Die Kirche wird oft "Sauerzapfsche Kapelle" genannt. Jakob Sauerzapf war zu diesem Zeitpunkt auch der Besitzer des Hammerwerkes und Hammerschlosses in Hirschbach. Der Bau der Kapelle fällt in die Zeit des Spätmittelalters. Anfangs durften nur der Schlossherr mit Gefolge in die Kapelle, das gemeine Volk musste weiterhin nach Eschenbach.

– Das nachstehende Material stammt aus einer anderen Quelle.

-- ===== src/Core/TypeSelection.antt =====
-- The groups over the selection of a type and the waking of flushers, of scripts/abk_stable_core.py.
pub mod MglruReworkTypeSelection1
pub mod MglruReworkTypeSelection2
use abk_5_15_backport.Prelude.{true, false, List, [], ◌∷◌, ◌++◌}
use abk_5_15_backport.Text.{codes, block}
use abk_5_15_backport.Result.{Exec}
use abk_5_15_backport.Context.{Context}
use abk_5_15_backport.Steps.{Step, Status, step}
use abk_5_15_backport.Groups.{PatchGroup}
use abk_5_15_backport.Groups.Acting.{edit_all}
use abk_5_15_backport.Groups.Probes.{probed_apply}
use abk_5_15_backport.Groups.Probes.Acts.{ActsAs-probed_apply}
use abk_5_15_backport.Groups.Planned.{Planned, planned_as}
use abk_5_15_backport.Core.TypeSelection.MglruReworkTypeSelection1.{
  mglru_rework_type_selection_steps_1,
}
use abk_5_15_backport.Core.TypeSelection.MglruReworkTypeSelection2.{
  mglru_rework_type_selection_steps_2,
}

-- The steps of `_mglru_rework_type_selection_apply`.
unfoldable pub mglru_rework_type_selection_steps : List Step
mglru_rework_type_selection_steps =
    mglru_rework_type_selection_steps_1 ++ mglru_rework_type_selection_steps_2

abbrev pub mglru_rework_type_selection_apply : Exec Context Status
mglru_rework_type_selection_apply =
    probed_apply (codes "mm/vmscan.c")
      (block ("static int get_type_to_scan(struct lruvec *lruvec, int swappines" ∷ "s)" ∷ []))
      mglru_rework_type_selection_steps

abbrev pub mglru_rework_type_selection : PatchGroup
mglru_rework_type_selection = record {
  key = codes "mglru_rework_type_selection";
  summary = block (
      "MGLRU v4: type selection sums all tiers per type, tightens the t"
      ∷ "ier margin to 2:3, and reads full-protection history (v6.14 37a2"
      ∷ "60870f2c; needs mglru_rework_aging_feedback)" ∷ []);
  commits = (codes "37a260870f2c (v6.14)") ∷ [];
  files = (codes "mm/vmscan.c") ∷ [];
  apply_fn = mglru_rework_type_selection_apply;
  hard = false;
}

abbrev pub planned_mglru_rework_type_selection : Planned
planned_mglru_rework_type_selection =
    planned_as mglru_rework_type_selection (edit_all mglru_rework_type_selection_steps) (
      ActsAs-probed_apply (codes "mm/vmscan.c")
        (block ("static int get_type_to_scan(struct lruvec *lruvec, int swappines" ∷ "s)" ∷ []))
        mglru_rework_type_selection_steps)

-- The steps of `_mglru_wake_flushers_apply`.
unfoldable pub mglru_wake_flushers_steps : List Step
mglru_wake_flushers_steps =
    step "mm/vmscan.c"
      ("static bool sort_page(struct lruvec *lruvec, struct page *page, struct scan_control *sc,\n"
        ∷ "\t\t       int tier_idx)\n" ∷ "{\n" ∷ "\tbool success;\n" ∷ [])
      ("static bool sort_page(struct lruvec *lruvec, struct page *page, struct scan_control *sc,\n"
        ∷ "\t\t       int tier_idx)\n" ∷ "{\n" ∷ "\tbool success;\n" ∷ "\tbool dirty, writeback;\n"
        ∷ [])
      true
    ∷ step "mm/vmscan.c"
        ("\t/* waiting for writeback */\n" ∷ "\tif (PageLocked(page) || PageWriteback(page) ||\n"
          ∷ "\t    (type == LRU_GEN_FILE && PageDirty(page))) {\n" ∷ [])
        ("\tdirty = PageDirty(page);\n" ∷ "\twriteback = PageWriteback(page);\n"
          ∷ "\tif (type == LRU_GEN_FILE && dirty) {\n" ∷ "\t\tsc->nr.file_taken += delta;\n"
          ∷ "\t\tif (!writeback)\n" ∷ "\t\t\tsc->nr.unqueued_dirty += delta;\n" ∷ "\t}\n" ∷ "\n"
          ∷ "\t/* waiting for writeback */\n" ∷ "\tif (PageLocked(page) || writeback ||\n"
          ∷ "\t    (type == LRU_GEN_FILE && dirty)) {\n" ∷ [])
        true
    ∷ step "mm/vmscan.c"
        ("\t__count_memcg_events(memcg, item, isolated);\n"
          ∷ "\t__count_memcg_events(memcg, PGREFILL, sorted);\n"
          ∷ "\t__count_vm_events(PGSCAN_ANON + type, isolated);\n" ∷ [])
        ("\t__count_memcg_events(memcg, item, isolated);\n"
          ∷ "\t__count_memcg_events(memcg, PGREFILL, sorted);\n"
          ∷ "\t__count_vm_events(PGSCAN_ANON + type, isolated);\n" ∷ "\tif (type == LRU_GEN_FILE)\n"
          ∷ "\t\tsc->nr.file_taken += isolated;\n" ∷ [])
        true
    ∷ step "mm/vmscan.c"
        ("retry:\n" ∷ "\treclaimed = shrink_page_list(&list, pgdat, sc, &stat, false);\n"
          ∷ "\tsc->nr_reclaimed += reclaimed;\n" ∷ [])
        ("retry:\n" ∷ "\treclaimed = shrink_page_list(&list, pgdat, sc, &stat, false);\n"
          ∷ "\tsc->nr.unqueued_dirty += stat.nr_unqueued_dirty;\n"
          ∷ "\tsc->nr_reclaimed += reclaimed;\n" ∷ [])
        true
    ∷ step "mm/vmscan.c"
        ("\t\tcond_resched();\n" ∷ "\t}\n" ∷ "\n"
          ∷ "\t/* see the comment in lru_gen_age_node() */\n" ∷ [])
        ("\t\tcond_resched();\n" ∷ "\t}\n" ∷ "\n" ∷ "\t/*\n"
          ∷ "\t * If too many file cache in the coldest generation can't be evicted\n"
          ∷ "\t * due to being dirty, wake up the flusher.\n" ∷ "\t */\n"
          ∷ "\tif (sc->nr.unqueued_dirty && sc->nr.unqueued_dirty == sc->nr.file_taken)\n"
          ∷ "\t\twakeup_flusher_threads(WB_REASON_VMSCAN);\n" ∷ "\n"
          ∷ "\t/* see the comment in lru_gen_age_node() */\n" ∷ [])
        true
    ∷ []

abbrev pub mglru_wake_flushers_apply : Exec Context Status
mglru_wake_flushers_apply =
    probed_apply (codes "mm/vmscan.c")
      (block (" * If too many file cache in the coldest generation can't be evi" ∷ "cted" ∷ []))
      mglru_wake_flushers_steps

abbrev pub mglru_wake_flushers : PatchGroup
mglru_wake_flushers = record {
  key = codes "mglru_wake_flushers";
  summary = block (
      "MGLRU: wake flushers when every file page taken in a reclaim cyc"
      ∷ "le is unqueued dirty, keeping dirty-tail cgroups from memcg OOM " ∷ "(v6.13 1bc542c6a0d1)"
      ∷ []);
  commits = (codes "1bc542c6a0d1 (v6.13)") ∷ [];
  files = (codes "mm/vmscan.c") ∷ [];
  apply_fn = mglru_wake_flushers_apply;
  hard = false;
}

abbrev pub planned_mglru_wake_flushers : Planned
planned_mglru_wake_flushers = planned_as mglru_wake_flushers (edit_all mglru_wake_flushers_steps) (
    ActsAs-probed_apply (codes "mm/vmscan.c")
      (block (" * If too many file cache in the coldest generation can't be evi" ∷ "cted" ∷ []))
      mglru_wake_flushers_steps)
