-- ===== src/Display.antt =====
-- scripts/abk_stable_display.py: its one group.
use abk_5_15_backport.Prelude.{true, List, [], ◌∷◌}
use abk_5_15_backport.Text.{codes, block}
use abk_5_15_backport.Steps.{Step, step}
use abk_5_15_backport.Groups.Guard.{StepSpec}

-- The steps of `_drm_valid_clones_revert_apply`.
unfoldable pub drm_valid_clones_revert_steps : List Step
drm_valid_clones_revert_steps =
    step "drivers/gpu/drm/drm_atomic_helper.c"
      ("\t\tif (mode_status != MODE_OK)\n" ∷ "\t\t\treturn -EINVAL;\n" ∷ "\t}\n" ∷ "\n"
        ∷ "\treturn 0;\n" ∷ "}\n" ∷ "\n"
        ∷ "static int drm_atomic_check_valid_clones(struct drm_atomic_state *state,\n"
        ∷ "\t\t\t\t\t struct drm_crtc *crtc)\n" ∷ "{\n" ∷ "\tstruct drm_encoder *drm_enc;\n"
        ∷ "\tstruct drm_crtc_state *crtc_state = drm_atomic_get_new_crtc_state(state,\n"
        ∷ "\t\t\t\t\t\t\t\t\t  crtc);\n" ∷ "\n"
        ∷ "\tdrm_for_each_encoder_mask(drm_enc, crtc->dev, crtc_state->encoder_mask) {\n"
        ∷ "\t\tif (!drm_enc->possible_clones) {\n"
        ∷ "\t\t\tDRM_DEBUG(\"enc%d possible_clones is 0\\n\", drm_enc->base.id);\n"
        ∷ "\t\t\tcontinue;\n" ∷ "\t\t}\n" ∷ "\n"
        ∷ "\t\tif ((crtc_state->encoder_mask & drm_enc->possible_clones) !=\n"
        ∷ "\t\t    crtc_state->encoder_mask) {\n"
        ∷ "\t\t\tDRM_DEBUG(\"crtc%d failed valid clone check for mask 0x%x\\n\",\n"
        ∷ "\t\t\t\t  crtc->base.id, crtc_state->encoder_mask);\n" ∷ "\t\t\treturn -EINVAL;\n"
        ∷ "\t\t}\n" ∷ "\t}\n" ∷ "\n" ∷ "\treturn 0;\n" ∷ "}\n" ∷ "\n" ∷ "/**\n"
        ∷ " * drm_atomic_helper_check_modeset - validate state object for modeset changes\n" ∷ [])
      ("\t\tif (mode_status != MODE_OK)\n" ∷ "\t\t\treturn -EINVAL;\n" ∷ "\t}\n" ∷ "\n"
        ∷ "\treturn 0;\n" ∷ "}\n" ∷ "\n" ∷ "/**\n"
        ∷ " * drm_atomic_helper_check_modeset - validate state object for modeset changes\n" ∷ [])
      true
    ∷ step "drivers/gpu/drm/drm_atomic_helper.c"
        ("\t\tret = drm_atomic_add_affected_planes(state, crtc);\n" ∷ "\t\tif (ret != 0)\n"
          ∷ "\t\t\treturn ret;\n" ∷ "\n" ∷ "\t\tret = drm_atomic_check_valid_clones(state, crtc);\n"
          ∷ "\t\tif (ret != 0)\n" ∷ "\t\t\treturn ret;\n" ∷ "\t}\n" ∷ "\n" ∷ "\t/*\n"
          ∷ "\t * Iterate over all connectors again, to make sure atomic_check()\n" ∷ [])
        ("\t\tret = drm_atomic_add_affected_planes(state, crtc);\n" ∷ "\t\tif (ret != 0)\n"
          ∷ "\t\t\treturn ret;\n" ∷ "\t}\n" ∷ "\n" ∷ "\t/*\n"
          ∷ "\t * Iterate over all connectors again, to make sure atomic_check()\n" ∷ [])
        true
    ∷ []

unfoldable pub drm_valid_clones_revert : StepSpec
drm_valid_clones_revert = record {
  key = codes "drm_valid_clones_revert";
  summary = block (
      "remove the 5.15.185 drm valid-clones encoder check so vendor msm"
      ∷ "_drm atomic commits stop failing with -EINVAL (fixes the black s"
      ∷ "creen on 5.15.185+/lts)" ∷ []);
  commits =
      (block (
        "revert of upstream 5.15.185 \"drm: Add valid clones check\" (Concu"
        ∷ "rrent Writeback series)" ∷ []))
      ∷ [];
  files = (codes "drivers/gpu/drm/drm_atomic_helper.c") ∷ [];
  steps = drm_valid_clones_revert_steps;
}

"Im Jahre 1528 wurde die Kirche und Hirschbach evangelisch durch den Beschluss des Rates der Stadt Nürnberg", so Haller. Die zwei Wappenscheiben in den Fenstern gehen auf die Familie Meindl zurück, die den liegenden Halbmond im Familienwappen haben.

Im Wappen der Gemeinde

In der ersten und zweiten Hälfte des 16. Jahrhunderts sind sie als Schloss- und Hammerwerks-Besitzer in Hirschbach nachgewiesen. Den Halbmond findet man auch im Wappen der politischen Gemeinde, der daraufhin zurückgeht. Der heilige St. Wolfgang mit der Kirche im Arm, rechts der Kanzel und die Maria auf der Mondsichel links schmücken die Kirche. 1852 wurde die Kirche, nachdem sie baufällig war, wieder aufgebaut in den ungefähren heutigen Zustand. Der Turm kam auf die andere Seite. Eine Kanzel bekam man aus Vorra geschenkt, die früher aber seitlich angebracht war.

Letzte Renovierung 2002

Die größte Renovierung erfolgte 1965 bis 1966, da kam die Kanzel dann auch in den Altar. Und seit dieser Zeit gibt es auch einen Posaunenchor, wie der Kirchenvorstand wusste. Die Orgel wurde von 1977 an erneuert und 1986 eingeweiht und die letzte Renovierung erfolgte 2002. Da wurde auch der Außenaufgang angebaut. Gottesdienst waren früher nur sieben Mal im Jahr, zu Pfarrer Metzers Zeiten dann im 14-tägigen Rhythmus und Pfarrer Hornfeck führte dann den wöchentlichen Kirchgang ein, der auch von Pfarrer Durst weitergeführt wird.

Jeden Sonntag hält er um 9 Uhr in Eschenbach und um 10 Uhr in Hirschbach Gottesdienst. Der katholische Gottesdienst ist immer Freitags um 18 Uhr. Paul Haller lud die vielen Zuhörer ein, auch einmal einen Gottesdienst zu besuchen.